The only consolation is that pirates are always one step ahead. But I wouldn't want to count on that remaining true in 50 years either.
There are obvious responses here along the lines of embracing piracy and (re-)embracing hard copy ownership.
All that aside though, this feels like a fairly obvious point for legal intervention. I wouldn't be surprised if there are already existing grounds for legal action, it's just that the stakes are likely small enough and costs of legal action high enough to be prohibitive. Which is where the government should come in on the advice of a consumer body.
Some reasonable things that could be done:
Money back requirements
Clear warnings to consumers about "ownership" being temporary
Requiring tracking statistics of how long "ownership" tends to be and that such is presented to consumers before they purchase
If there are structural issues that increase the chances of "withdrawn" ownership (such as complex distribution deals etc), a requirement to notify the consumer of this prior to purchase.
These are basic things based on transparency that tend to already exist in consumer regulation (depending on your jurisdiction of course). Streaming companies will likely whinge (and probably have already to prevent any regulation around this), but that's the point ... to force them to clean up their act.
As far as the relations between streaming services and the studios (or whoever owns the distribution rights), it makes perfect sense for all contracts to have embedded in them that any digital purchase must be respected for the life of the purchaser even if the item cannot be purchased any more. It's not hard, it's just the price of doing business.
All of this is likely the result of the studios being the dicks they truly are and still being used to pushing everyone around (and of course the tech world being narcissistic liars).
I always thought it should be "unlock", because that's more what is happening. you're not buying it, renting has a connotation of a fixed term ownership time, but unlock describes the action.. they've had the movie the whole time sitting there, probably in a CDN near your home already, but you're not allowed to see it until you pony up. it's locked away.
Don't use scripts unless you know how it works otherwise you will have trouble troubleshooting when something doesn't work. But by the time you read and understand how the script works, you already learn how to deploy it manually.
I never DREAMED Amazon would take away my content I bought! Just because they erased the novel 1984 off of everyone’s Kindles a few years back doesn’t mean leopards would eat MY face.

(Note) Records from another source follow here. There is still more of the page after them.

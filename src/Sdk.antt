-- ===== src/Sdk.antt =====
-- src/sdk/smsdk_config.h, src/sdk/smsdk_ext.h and src/sdk/smsdk_ext.cpp: the class `SDKExtension`,
-- through which SourceMod loads and unloads the extension. What the preprocessor decides is a
-- Boolean of the configuration; of the parts for Metamod, which the configuration leaves out, only
-- what stands in the functions below is modelled.
pub mod Loading
use sm_ext_rpc.Base.{
  ℕ, zero, String, Bool, true, false, not, ◌&&◌, Option, none, some, List, [], ◌∷◌, if◌then◌else◌,
  Exception,
}

-- The interfaces of SourceMod, by the prefixes of their names.
pub data Interface : Type 0 where
  sourcemod handlesystem forwardmanager playermanager dbi gameconfig memoryutils : Interface
  gamehelpers timersys adtfactory threader librarysys pluginsystem : Interface

-- The macros of src/sdk/smsdk_config.h. `enabled` has the macros `SMEXT_ENABLE_...`, and `metamod`
-- is `SMEXT_CONF_METAMOD`.
pub record Configuration : Type 0 where
  pub name : String
  pub description : String
  pub version : String
  pub author : String
  pub url : String
  pub logtag : String
  pub license : String
  pub datestring : String
  pub metamod : Bool
  pub enabled : Interface → Bool

-- The one interface whose macro is defined.
pub enable_handlesys : Interface → Bool
enable_handlesys handlesystem = true
enable_handlesys _ = false

-- The values in the file; the date is that of the build.
unfoldable pub smext_conf : String → Configuration
unfolding enable_handlesys
smext_conf date = record {
  name = "RPC";
  description = "RPC extension for SourceMod";
  version = "0.0.1";
  author = "Dreae";
  url = "https://github.com/dreae/sm-rpc";
  logtag = "RPC";
  license = "Apache v2";
  datestring = date;
  metamod = false;
  enabled = enable_handlesys;
}

-- A message for the error buffer.
pub data Message : Type 0 where
  could_not_find : Interface → Message
  metamod_attach_failed : Message
  text : String → Message

-- `snprintf` of a message into the error buffer, with the size that limits it.
pub record Written : Type 0 where
  pub size : ℕ
  pub message : Message

-- The global pointers that are set, the latest first, and the members for Metamod.
pub record Adapter : Type 0 where
  pub shared : Bool
  pub pointers : List Interface
  pub source_mm_loaded : Bool
  pub we_are_unloaded : Bool
  pub we_got_pause_change : Bool

-- The constructor, and the pointers as they are at first.
unfoldable pub new_adapter : Adapter
new_adapter = record {
  shared = false;
  pointers = [];
  source_mm_loaded = false;
  we_are_unloaded = false;
  we_got_pause_change = false;
}

-- The end of a load with the state of the extension: an exception, a write past the error buffer,
-- false with what was written to it, or true.
pub data Loaded (A : Type 0) : Type 0 where
  thrown : Exception → Loaded A
  overrun : Loaded A
  rejected : Option Written → Adapter → A → Loaded A
  loaded : Adapter → A → Loaded A

-- The virtual functions that an extension overrides, on the state of the extension.
pub record Hooks (A : Type 0) : Type 1 where
  pub sdk_on_load : Bool → ℕ → Bool → Adapter → A → Loaded A
  pub sdk_on_unload : A → A
  pub sdk_on_pause_change : Bool → A → A
  pub sdk_on_all_loaded : A → A

-- The buffer `error` may be null; its size is `maxlength`.
abbrev pub writes : Bool → ℕ → Message → Option Written
writes error zero message = none
writes error maxlength message =
    if error then some (record { size = maxlength; message = message }) else none

-- The interfaces that are requested, in order.
pub optional : List Interface
optional =
    handlesystem ∷ forwardmanager ∷ playermanager ∷ dbi ∷ gameconfig ∷ memoryutils ∷ gamehelpers
    ∷ timersys ∷ adtfactory ∷ threader ∷ librarysys ∷ pluginsystem ∷ []

pub chosen : (Interface → Bool) → List Interface → List Interface
chosen enabled [] = []
chosen enabled (i ∷ rest) =
    let others = chosen enabled rest in if enabled i then i ∷ others else others

unfoldable pub requested : Configuration → List Interface
unfolding chosen optional
requested conf = sourcemod ∷ chosen conf.enabled optional

-- `SM_GET_IFACE` for one interface after the other; `available` is what `RequestInterface`
-- returns. The first one that is missing ends the load.
pub get_ifaces : (Interface → Bool) → List Interface → Adapter → Option Interface × Adapter
get_ifaces available [] adapter = (none, adapter)
get_ifaces available (i ∷ rest) adapter =
    let next = get_ifaces available rest (record adapter { pointers = i ∷ adapter.pointers }) in
    if available i then next else (some i, adapter)

module _ {A : Type 0} where
  -- `SDK_OnLoad`, `SDK_OnUnload`, `SDK_OnPauseChange` and `SDK_OnAllLoaded` of `SDKExtension`.
  unfoldable pub default_hooks : Hooks A
  default_hooks = record {
    sdk_on_load = λ error maxlength late adapter a. loaded adapter a;
    sdk_on_unload = λ a. a;
    sdk_on_pause_change = λ paused a. a;
    sdk_on_all_loaded = λ a. a;
  }

  module _ (conf : Configuration) (hooks : Hooks A) where
    -- The successful end of a load.
    pub ended : Loaded A → Loaded A
    ended (loaded adapter a) =
        loaded (if conf.metamod then record adapter { we_are_unloaded = true } else adapter) a
    ended other = other

    -- What follows the requests: the end at the first interface that is missing, or `SDK_OnLoad`.
    pub after_ifaces : Bool → ℕ → Bool → A → Option Interface × Adapter → Loaded A
    unfolding ended
    after_ifaces error maxlength late a (some i, adapter) =
        rejected (writes error maxlength (could_not_find i)) adapter a
    after_ifaces error maxlength late a (none, adapter) =
        ended (hooks.sdk_on_load error maxlength late adapter a)

    -- What follows the part for Metamod.
    pub load_ifaces : (Interface → Bool) → Bool → ℕ → Bool → Adapter → A → Loaded A
    unfolding get_ifaces requested after_ifaces
    load_ifaces available error maxlength late adapter a =
        after_ifaces error maxlength late a (get_ifaces available (requested conf) adapter)

    -- `OnExtensionLoad`. `error` is whether the buffer is not null.
    unfoldable pub on_extension_load : (Interface → Bool) → Bool → ℕ → Bool → Adapter → A → Loaded A
    unfolding load_ifaces
    on_extension_load available error maxlength late adapter a =
        let shared = record adapter { shared = true } in
        let unloaded = record shared { we_are_unloaded = true } in
        if conf.metamod
        then (if not adapter.source_mm_loaded
            then rejected
                (if error
                  then some (record { size = maxlength; message = metamod_attach_failed })
                  else none)
                unloaded a
            else load_ifaces available error maxlength late unloaded a)
        else load_ifaces available error maxlength late shared a

    unfoldable pub is_metamod_extension : Bool
    is_metamod_extension = if conf.metamod then true else false

    unfoldable pub on_extension_pause_change : Bool → Adapter → A → Adapter × A
    on_extension_pause_change state adapter a = (
      if conf.metamod then record adapter { we_got_pause_change = true } else adapter,
      hooks.sdk_on_pause_change state a,
    )

    unfoldable pub on_extensions_all_loaded : A → A
    on_extensions_all_loaded a = hooks.sdk_on_all_loaded a

    unfoldable pub on_extension_unload : Adapter → A → Adapter × A
    on_extension_unload adapter a = (
      if conf.metamod then record adapter { we_are_unloaded = true } else adapter,
      hooks.sdk_on_unload a,
    )

module _ (conf : Configuration) where
  unfoldable pub get_extension_author : String
  get_extension_author = conf.author

  unfoldable pub get_extension_date_string : String
  get_extension_date_string = conf.datestring

  unfoldable pub get_extension_description : String
  get_extension_description = conf.description

  unfoldable pub get_extension_ver_string : String
  get_extension_ver_string = conf.version

  unfoldable pub get_extension_name : String
  get_extension_name = conf.name

  unfoldable pub get_extension_tag : String
  get_extension_tag = conf.logtag

  unfoldable pub get_extension_url : String
  get_extension_url = conf.url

They could offer a way to download a copy and steganographically tag it to hell with your id so that they know if you distribute it. You can "loan it out" by letting friends stream off your Plex or whatever. If you start selling that streaming service or it shows up in torrents, it has your ID on it.
Boom, you own it forever and you're incentivized not to over share.
Or you know sell DRM free versions and let people do whatever, but that probably has a snowballs chance in hell.
If somebody gets access to your system, they could use that to blackmail you, and/or frame you for distributing said media.
"Give us $X, or we leak and distribute Y media on your behalf, and you will get sued by the corporate goons for shit loads of money"
The only real solution is to completely overhaul IP law, and/or nationalizing funding for the arts. If we're gonna keep corps that own/produce media, then they should have a very short and limited amount of time to distribute it before it becomes common property of the people.
I literally watch TV through a capture card right now out of stubbornness and principle. Anything I want to record, I can just hit a button and safely keep. No DRM preventing me from taking screenshots, I can manipulate the picture to hide obnoxious graphics or ads (great for sports); the sense of control is extremely gratifying.
The fingerprinting I'm talking about gets encoded in the screen recording too. Subtle pixel changes here or there over the entire length of the video. It'll be lossy when it's transcoded, but over the whole video it's there enough times it won't matter. Even scaling to lower quality won't fix it and then it'll also be lower quality.
It'll be like DRM, there will be people trying to remove it like anything else. They'll break one thing and another will come along. There would still be a black market, but most people can get an unrestricted copy in exchange for money so there's one less reason to pirate.
Unless you're actually pointing a camera at the screen, then OK, you do you.
I mean Amazon did this for their mp3s. It was literally just an id3 tag with a unique identifier. Not hard to remove but “good enough” to keep regular people from overly distributing it. You’ll never win against the real Pirate community no matter what you do, so just give people real incentive to buy and actually own.
I went the route of a physical collection, but man do they make it difficult unless you get a commercial player that is likely to have ads and doesn’t integrate well into a home theater setup.
I’ve taken to doing everything I can to play things through my computer, but they do everything in their power to make them unplayable. This includes things like adding hundreds of bogus playlists so you don’t know which one to play, adding extra layers of encryption that cause image corruption a few chapters into the movies, and more.
If they just allowed you to easily watch and rip the movies that I pay actual money for, I think a lot more people would be open to a physical collections of their favorites. As it stands, I can’t really recommend it.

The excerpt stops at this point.